Pferde haben eine Vergangenheit


Jedes Pferd und jedes Pony hat vor dem Kontakt mit „seinem“ neuen Menschen eine viel längere Lebensphase hinter sich als es beispielsweise ein Welpe hat, den wir mit 10 oder 12 Wochen beim Züchter kaufen.
Selbst ein Fohlen ist mindestens ein halbes Jahr alt, bis der Züchter es absetzen und verkaufen kann.
In dieser Zeit ist es in der Regel nicht wohlbehütet (wie ein Hündchen als Nesthocker) und abgeschirmt aufgewachsen. Ein Fohlen gehört zu den Tieren, die gleich nach wenigen Minuten oder Stunden auf den Beinen stehen, die Welt erkunden, sich den Umweltbedingungen stellen müssen. So kommt das junge Pferd mit anderen Tieren, Menschen, Wind und Wetter in Kontakt. Möglicherweise erlebte es sogar große Ängste, weil es von einer Minute auf die andere von seiner Mutter genommen wurde, um diese reiten zu können oder das Fohlen abzusetzen.
Einen jungen Hund lässt man bis zu seiner Abgabe bei der Mutter. Dem neuen Besitzer gibt man ein Spielzeug, eine Decke oder ähnliche Gegenstände mit, die nach „Mutter“ riechen. Das kleine Tierchen wird auf den Arm genommen, kann sich neu geborgen fühlen, hat einen starken Folgetrieb und findet sich in der Regel schnell in seinem neuen Zuhause ein.
Ein Fohlen hingegen wird nach der Trennung von der Mutter nicht auf den Arm genommen, abgelenkt, getröstet.
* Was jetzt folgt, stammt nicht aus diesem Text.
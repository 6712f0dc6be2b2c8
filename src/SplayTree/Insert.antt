-- ===== src/SplayTree/Insert.antt =====
-- Lab5/stree.c: `tree_insert` and `tree_find` on the entries of the tree.
use model_lib.Prelude.{
  ℕ, ◌≡◌, refl, sym, ◌∙◌, List, [], ◌∷◌, ◌++◌, Option, none, some, arith, ap, ◌+◌, Bool, true,
  false, length, length-append,
}
use model_lib.SplayTree.{
  Node, leaf, node, Tree, tree_new, Descent, found, missing, search, splay, insert_at, tree_insert,
}
use model_lib.SplayTree.Entries.{entries, before, after, splay-entries, splay-top, top}
use model_lib.SplayTree.Order.{Below, Above, Ascending, Above-append, Above-left, Above-right}
use model_lib.SplayTree.Sorted.{lookup, insert, lookup-found, lookup-missing, insert-between}
use model_lib.SplayTree.Search.{Reaches, Reaches-cast, search-Reaches}
use mathlib.Core.Path.{subst}
use mathlib.Core.List.{append-nil}

module _ {ℓ} {R : Type ℓ} where
  -- The tree holds these entries: its keys ascend, and `node_count` counts them.
  abbrev pub Holds : Tree R → List (ℕ × R) → Type ℓ
  Holds t es = (entries t.root ≡ es) × Ascending es × (t.node_count ≡ length es)

  pub tree_new-Holds : Holds tree_new []
  unfolding tree_new
  tree_new-Holds = (refl, tt, refl)

  -- What `tree_insert` gives where the map has, and where it has not, an entry of the key.
  abbrev pub Inserted :
      Bool → Tree R → ℕ → R → List (ℕ × R) → Option R → Option (Tree R × Bool) → Type ℓ
  Inserted memory t key r es (some old) result =
      (t' : Tree R) × (result ≡ some (t', false)) × (t'.root ≡ t.root) × Holds t' es
  Inserted true t key r es none result =
      (t' : Tree R) × (result ≡ some (t', true))
      × (top t'.root ≡ some (key, r))
      × Holds t' (insert key r es)
  Inserted false t key r es none result = result ≡ none

  insert_middle-Ascending :
      (key : ℕ) (r : R) (xs ys : List (ℕ × R))
      → Ascending (xs ++ ys)
      → Below key xs
      → Above key ys
      → Ascending (xs ++ (key, r) ∷ ys)
  insert_middle-Ascending key r [] ys a b c = (c, a)
  insert_middle-Ascending key r (x ∷ xs) ys a b c = (
    Above-append x.0 xs ((key, r) ∷ ys) (Above-left x.0 xs ys a.0) (b.0, Above-right x.0 xs ys a.0),
    insert_middle-Ascending key r xs ys a.1 b.1 c,
  )

  pub length-middle :
      (xs : List (ℕ × R)) (e : ℕ × R) (ys : List (ℕ × R))
      → length (xs ++ e ∷ ys) ≡ length (xs ++ ys) + 1
  length-middle xs e ys = rw (length-append xs (e ∷ ys), length-append xs ys) (omega arith)

  pub start-Reaches :
      (key : ℕ) (t : Node R) (n : ℕ)
      → Ascending (entries t)
      → Reaches key (search key t [] n) (entries t)
  start-Reaches key t n a =
      Reaches-cast key (search key t [] n) (append-nil (entries t))
        (search-Reaches key t [] n (tt, tt, a))

  insert_at-Inserted :
      (memory : Bool) (t : Tree R) (key : ℕ) (r : R) (d : Descent R)
      → Ascending (entries t.root)
      → t.node_count ≡ length (entries t.root)
      → Reaches key d (entries t.root)
      → Inserted memory t key r
          (entries t.root)
          (lookup key (entries t.root))
          (insert_at memory t key r d)
  unfolding insert_at
  insert_at-Inserted memory t key r (found l old right path n) a c h =
      rw (h.0, lookup-found key old (before path ++ entries l) (entries right ++ after path) h.1)
        (record t { comparison_count = n }, refl, refl, (h.0, rw (sym h.0) a, c ∙ ap length h.0))
  insert_at-Inserted true t key r (missing path n) a c h =
      rw
        (
          h.0,
          lookup-missing key (before path) (after path) h.1 h.2,
          insert-between key r (before path) (after path) h.1 h.2,
        )
        (
          record {
            root = splay (node leaf key r leaf) path;
            node_count = t.node_count + 1;
            comparison_count = n;
          },
          refl,
          splay-top leaf key r leaf path,
          (
            splay-entries leaf key r leaf path,
            insert_middle-Ascending key r (before path) (after path) (rw (sym h.0) a) h.1 h.2,
            rw (c, h.0, length-middle (before path) (key, r) (after path)) refl,
          ),
        )
  insert_at-Inserted false t key r (missing path n) a c h =
      rw (h.0, lookup-missing key (before path) (after path) h.1 h.2) refl

  -- On a tree that holds a map, `tree_insert` is insertion into the map: where the key is there,
  -- the map stays, and nothing is inserted; where it is missing and there is memory, the map gets
  -- the entry, and its node is the new root; where it is missing and there is no memory, there is
  -- no result.
  pub tree_insert-Inserted :
      (memory : Bool) (t : Tree R) (key : ℕ) (r : R) (es : List (ℕ × R))
      → Holds t es
      → Inserted memory t key r es (lookup key es) (tree_insert memory t key r)
  unfolding tree_insert
  tree_insert-Inserted memory t key r es h = rw (sym h.0) (
      insert_at-Inserted memory t key r (search key t.root [] t.comparison_count) (rw h.0 h.1)
        (h.2 ∙ ap length (sym h.0)) (start-Reaches key t.root t.comparison_count (rw h.0 h.1)))

  -- The insertion between the entries below the key and those above it.
  pub tree_insert-between :
      (t : Tree R) (key : ℕ) (r : R) (xs ys : List (ℕ × R))
      → Holds t (xs ++ ys)
      → Below key xs
      → Above key ys
      → (t' : Tree R) × (tree_insert true t key r ≡ some (t', true))
        × Holds t' (xs ++ (key, r) ∷ ys)
  tree_insert-between t key r xs ys h b a =
      let stored : Inserted true t key r (xs ++ ys) none (tree_insert true t key r) =
        subst (λ o. Inserted true t key r (xs ++ ys) o (tree_insert true t key r))
          (lookup-missing key xs ys b a) (tree_insert-Inserted true t key r (xs ++ ys) h) in
      (
        stored.0,
        stored.1,
        subst (λ es. Holds stored.0 es) (insert-between key r xs ys b a) stored.3,
      )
Bestenfalls darf es diese schwere Zeit in einer Herde Gleichaltriger verbringen, die ihm etwas Trost gibt. Die Sicherheit der Herde mit ihrer klaren Rangfolge, den klaren Regeln, dem Schutz durch die Alttiere ist jedoch verloren und muss unter neuen Bedingungen in einer neuen Herde erst neu aufgebaut werden. Das ist im Grunde eine nicht artgerechte Situtation. In der Natur bleiben die Herden zusammen, die Jungtiere wachsen heran und verlassen irgendwann aus eigenem Antrieb die Herde. Junge Stuten werden manchmal von fremden Hengsten „entführt“, junge Hengste schließen sich „Junggesellengruppen“ an. In beiden Fällen kommen sie in neue, feste Herdenverbände, deren Regeln sie zwar kennen lernen müssen, die aber von Anfang an Sicherheit geben.
Lauter gleichaltrige Fohlen zusammen zu halten, ohne die Betreuung durch ältere, erfahrenere Pferde, bringt  unnötig Stress für die Tiere.
Bei einem Verkauf verlässt ein Pferd die gewohnte Umgebung und die gewohnten Herdenmitglieder. Es muss in einer neuen Herde seinen Platz in der Rangordnung finden. Die neue Umgebung, der neue Stall, die neuen Wiesen, andere Geräusche, andere Gerüche, andere Menschen machen dem Tier Angst. Zu diesem Stress soll es gleich noch erste neue Dinge lernen und mit seinem neuen Besitzer arbeiten.
Womöglich verlangt der gleich in den ersten Tagen, dass das Pferd mit ihm spazieren geht oder ausreitet. Es wird Angst haben, die neue Herde wieder zu verlassen. Noch fehlt das Vertrauen in das neue Zuhause. Nichts kann ihm sagen, dass es später zurück gebracht werden wird.

Kauft man ein älteres Pferd, so ist oftmals nicht bekannt, wie es aufgewachsen ist und wie es bisher gelebt hat oder behandelt wurde.
Nicht einmal Krankheiten sind in der Regel bekannt.